Records for the exercise>
* * * * *

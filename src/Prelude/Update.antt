-- ===== src/Prelude/Update.antt =====
-- A family indexed by numbers, changed at one index.
use Prim.Native.Nat.{ℕ}
use mathlib.Core.Path.{◌≡◌, subst}
use mathlib.Core.Logic.{◌≢◌, inl, inr}
use native.Mathlib.Omega.{arith}
use replob_prototype.Prelude.Tests.{◌==◌, ==_iff, Bool-cases, if◌then◌else◌}

abbrev pub update {ℓ} : {A : Type ℓ} → (ℕ → A) → ℕ → A → ℕ → A
update f i a j = if i == j then a else f j

pub update_self {ℓ} : {A : Type ℓ} (f : ℕ → A) (i : ℕ) (a : A) → update f i a i ≡ a
update_self f i a = ground arith

pub update_ne {ℓ} : {A : Type ℓ} (f : ℕ → A) (i j : ℕ) (a : A) → i ≢ j → update f i a j ≡ f j
update_ne f i j a h = ground arith

-- What holds of the new value and of the old family elsewhere holds of the changed family.
pub update_all {ℓ κ} :
    {A : Type ℓ} (P : ℕ → A → Type κ) (f : ℕ → A) (i : ℕ) (a : A)
    → P i a
    → ((j : ℕ) → i ≢ j → P j (f j))
    → (j : ℕ) → P j (update f i a j)
update_all P f i a here there j = elim (Bool-cases (i == j)) [
  | inl e ↦ rw e (subst (λ k. P k a) ((==_iff i j).0 e) here)
  | inr e ↦ rw e (there j (ground arith))
]

-- Two families, changed at the same index
pub update_both {ℓ μ κ} :
    {A : Type ℓ} {B : Type μ} (P : ℕ → A → B → Type κ) (f : ℕ → A) (g : ℕ → B) (i : ℕ) (a : A)
    (b : B)
    → P i a b
    → ((j : ℕ) → i ≢ j → P j (f j) (g j))
    → (j : ℕ) → P j (update f i a j) (update g i b j)
update_both P f g i a b here there j = elim (Bool-cases (i == j)) [
  | inl e ↦ rw e (subst (λ k. P k a b) ((==_iff i j).0 e) here)
  | inr e ↦ rw e (there j (ground arith))
]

* * * * *

Assigned task>
The full set of entries above needs to be restated word for word.

Task result>
filename src/Prelude/Update.antt
-- ===== src/Prelude/Update.antt =====
-- A family indexed by numbers, changed at one index.
use Prim.Native.Nat.{ℕ}
use mathlib.Core.Path.{◌≡◌, subst}
use mathlib.Core.Logic.{◌≢◌, inl, inr}
use native.Mathlib.Omega.{arith}
use replob_prototype.Prelude.Tests.{◌==◌, ==_iff, Bool-cases, if◌then◌else◌}

abbrev pub update {ℓ} : {A : Type ℓ} → (ℕ → A) → ℕ → A → ℕ → A
update f i a j = if i == j then a else f j

pub update_self {ℓ} : {A : Type ℓ} (f : ℕ → A) (i : ℕ) (a : A) → update f i a i ≡ a
update_self f i a = ground arith

pub update_ne {ℓ} : {A : Type ℓ} (f : ℕ → A) (i j : ℕ) (a : A) → i ≢ j → update f i a j ≡ f j
update_ne f i j a h = ground arith

-- What holds of the new value and of the old family elsewhere holds of the changed family.
pub update_all {ℓ κ} :
    {A : Type ℓ} (P : ℕ → A → Type κ) (f : ℕ → A) (i : ℕ) (a : A)
    → P i a
    → ((j : ℕ) → i ≢ j → P j (f j))
    → (j : ℕ) → P j (update f i a j)
update_all P f i a here there j = elim (Bool-cases (i == j)) [
  | inl e ↦ rw e (subst (λ k. P k a) ((==_iff i j).0 e) here)
  | inr e ↦ rw e (there j (ground arith))
]

-- Two families, changed at the same index
pub update_both {ℓ μ κ} :
    {A : Type ℓ} {B : Type μ} (P : ℕ → A → B → Type κ) (f : ℕ → A) (g : ℕ → B) (i : ℕ) (a : A)
    (b : B)
    → P i a b
    → ((j : ℕ) → i ≢ j → P j (f j) (g j))
    → (j : ℕ) → P j (update f i a j) (update g i b j)
update_both P f g i a b here there j = elim (Bool-cases (i == j)) [
  | inl e ↦ rw e (subst (λ k. P k a b) ((==_iff i j).0 e) here)
  | inr e ↦ rw e (there j (ground arith))
]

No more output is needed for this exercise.